Information shown

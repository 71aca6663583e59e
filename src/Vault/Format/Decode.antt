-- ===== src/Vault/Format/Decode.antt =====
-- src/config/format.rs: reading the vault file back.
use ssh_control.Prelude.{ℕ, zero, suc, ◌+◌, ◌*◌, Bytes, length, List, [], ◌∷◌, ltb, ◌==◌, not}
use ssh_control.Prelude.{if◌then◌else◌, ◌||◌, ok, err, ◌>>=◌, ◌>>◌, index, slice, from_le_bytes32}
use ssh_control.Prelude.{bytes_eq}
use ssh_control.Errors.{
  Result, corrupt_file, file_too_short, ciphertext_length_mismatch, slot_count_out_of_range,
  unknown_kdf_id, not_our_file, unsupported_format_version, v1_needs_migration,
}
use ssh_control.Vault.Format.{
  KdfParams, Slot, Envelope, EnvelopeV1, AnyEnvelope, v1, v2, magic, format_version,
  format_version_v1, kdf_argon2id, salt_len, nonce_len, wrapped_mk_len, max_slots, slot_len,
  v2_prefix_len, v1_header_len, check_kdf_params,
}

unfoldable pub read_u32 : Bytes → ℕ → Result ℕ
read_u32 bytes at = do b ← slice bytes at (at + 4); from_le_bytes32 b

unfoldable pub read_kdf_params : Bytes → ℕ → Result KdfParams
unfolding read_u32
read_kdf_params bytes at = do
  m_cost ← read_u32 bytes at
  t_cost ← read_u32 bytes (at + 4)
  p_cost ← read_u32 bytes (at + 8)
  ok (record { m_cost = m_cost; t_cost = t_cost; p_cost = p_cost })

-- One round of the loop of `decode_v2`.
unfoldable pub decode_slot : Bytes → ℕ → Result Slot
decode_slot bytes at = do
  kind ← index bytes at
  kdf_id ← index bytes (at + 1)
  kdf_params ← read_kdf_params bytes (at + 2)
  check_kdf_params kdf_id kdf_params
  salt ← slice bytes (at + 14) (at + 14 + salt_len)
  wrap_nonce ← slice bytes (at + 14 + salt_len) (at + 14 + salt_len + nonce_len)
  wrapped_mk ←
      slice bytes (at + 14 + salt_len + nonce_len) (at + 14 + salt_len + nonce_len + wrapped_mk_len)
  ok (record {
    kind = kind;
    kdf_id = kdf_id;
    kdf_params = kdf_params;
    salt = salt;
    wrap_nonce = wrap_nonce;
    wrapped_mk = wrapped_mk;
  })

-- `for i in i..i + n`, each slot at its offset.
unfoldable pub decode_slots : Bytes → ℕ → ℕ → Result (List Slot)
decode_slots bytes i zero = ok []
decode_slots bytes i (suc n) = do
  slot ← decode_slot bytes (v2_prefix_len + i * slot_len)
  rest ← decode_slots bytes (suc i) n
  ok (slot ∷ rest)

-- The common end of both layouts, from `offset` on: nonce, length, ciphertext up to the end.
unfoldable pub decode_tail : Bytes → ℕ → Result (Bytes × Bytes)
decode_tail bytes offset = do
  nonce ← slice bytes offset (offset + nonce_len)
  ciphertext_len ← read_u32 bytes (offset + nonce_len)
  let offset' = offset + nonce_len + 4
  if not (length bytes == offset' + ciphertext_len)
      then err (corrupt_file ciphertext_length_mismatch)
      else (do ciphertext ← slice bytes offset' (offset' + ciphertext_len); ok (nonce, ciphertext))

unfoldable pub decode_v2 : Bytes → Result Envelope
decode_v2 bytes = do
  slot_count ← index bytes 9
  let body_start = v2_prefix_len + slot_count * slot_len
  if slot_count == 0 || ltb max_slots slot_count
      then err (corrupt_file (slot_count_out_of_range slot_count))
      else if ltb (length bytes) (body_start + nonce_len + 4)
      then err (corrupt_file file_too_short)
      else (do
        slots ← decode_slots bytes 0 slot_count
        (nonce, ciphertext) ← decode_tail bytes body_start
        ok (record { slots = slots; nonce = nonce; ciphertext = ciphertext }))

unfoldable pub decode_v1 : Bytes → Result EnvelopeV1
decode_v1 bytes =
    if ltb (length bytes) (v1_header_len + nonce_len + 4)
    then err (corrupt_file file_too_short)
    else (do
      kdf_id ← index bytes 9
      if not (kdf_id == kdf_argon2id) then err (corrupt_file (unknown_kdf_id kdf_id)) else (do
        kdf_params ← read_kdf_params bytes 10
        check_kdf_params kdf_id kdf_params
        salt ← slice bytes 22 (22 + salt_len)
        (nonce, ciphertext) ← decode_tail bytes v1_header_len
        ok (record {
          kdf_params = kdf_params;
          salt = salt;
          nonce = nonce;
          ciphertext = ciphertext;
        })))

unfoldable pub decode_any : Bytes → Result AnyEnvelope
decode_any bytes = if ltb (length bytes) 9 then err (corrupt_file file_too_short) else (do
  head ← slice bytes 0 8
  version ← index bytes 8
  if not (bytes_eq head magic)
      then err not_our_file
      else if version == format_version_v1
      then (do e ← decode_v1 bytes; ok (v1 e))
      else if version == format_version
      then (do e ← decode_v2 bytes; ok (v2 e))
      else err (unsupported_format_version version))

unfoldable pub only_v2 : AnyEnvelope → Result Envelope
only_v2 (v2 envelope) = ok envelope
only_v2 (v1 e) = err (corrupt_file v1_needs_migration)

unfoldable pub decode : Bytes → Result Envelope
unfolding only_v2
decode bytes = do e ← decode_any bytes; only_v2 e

Exercise directions
Sift through the entries and copy every line with "unfolding".

Result
unfolding read_u32
unfolding only_v2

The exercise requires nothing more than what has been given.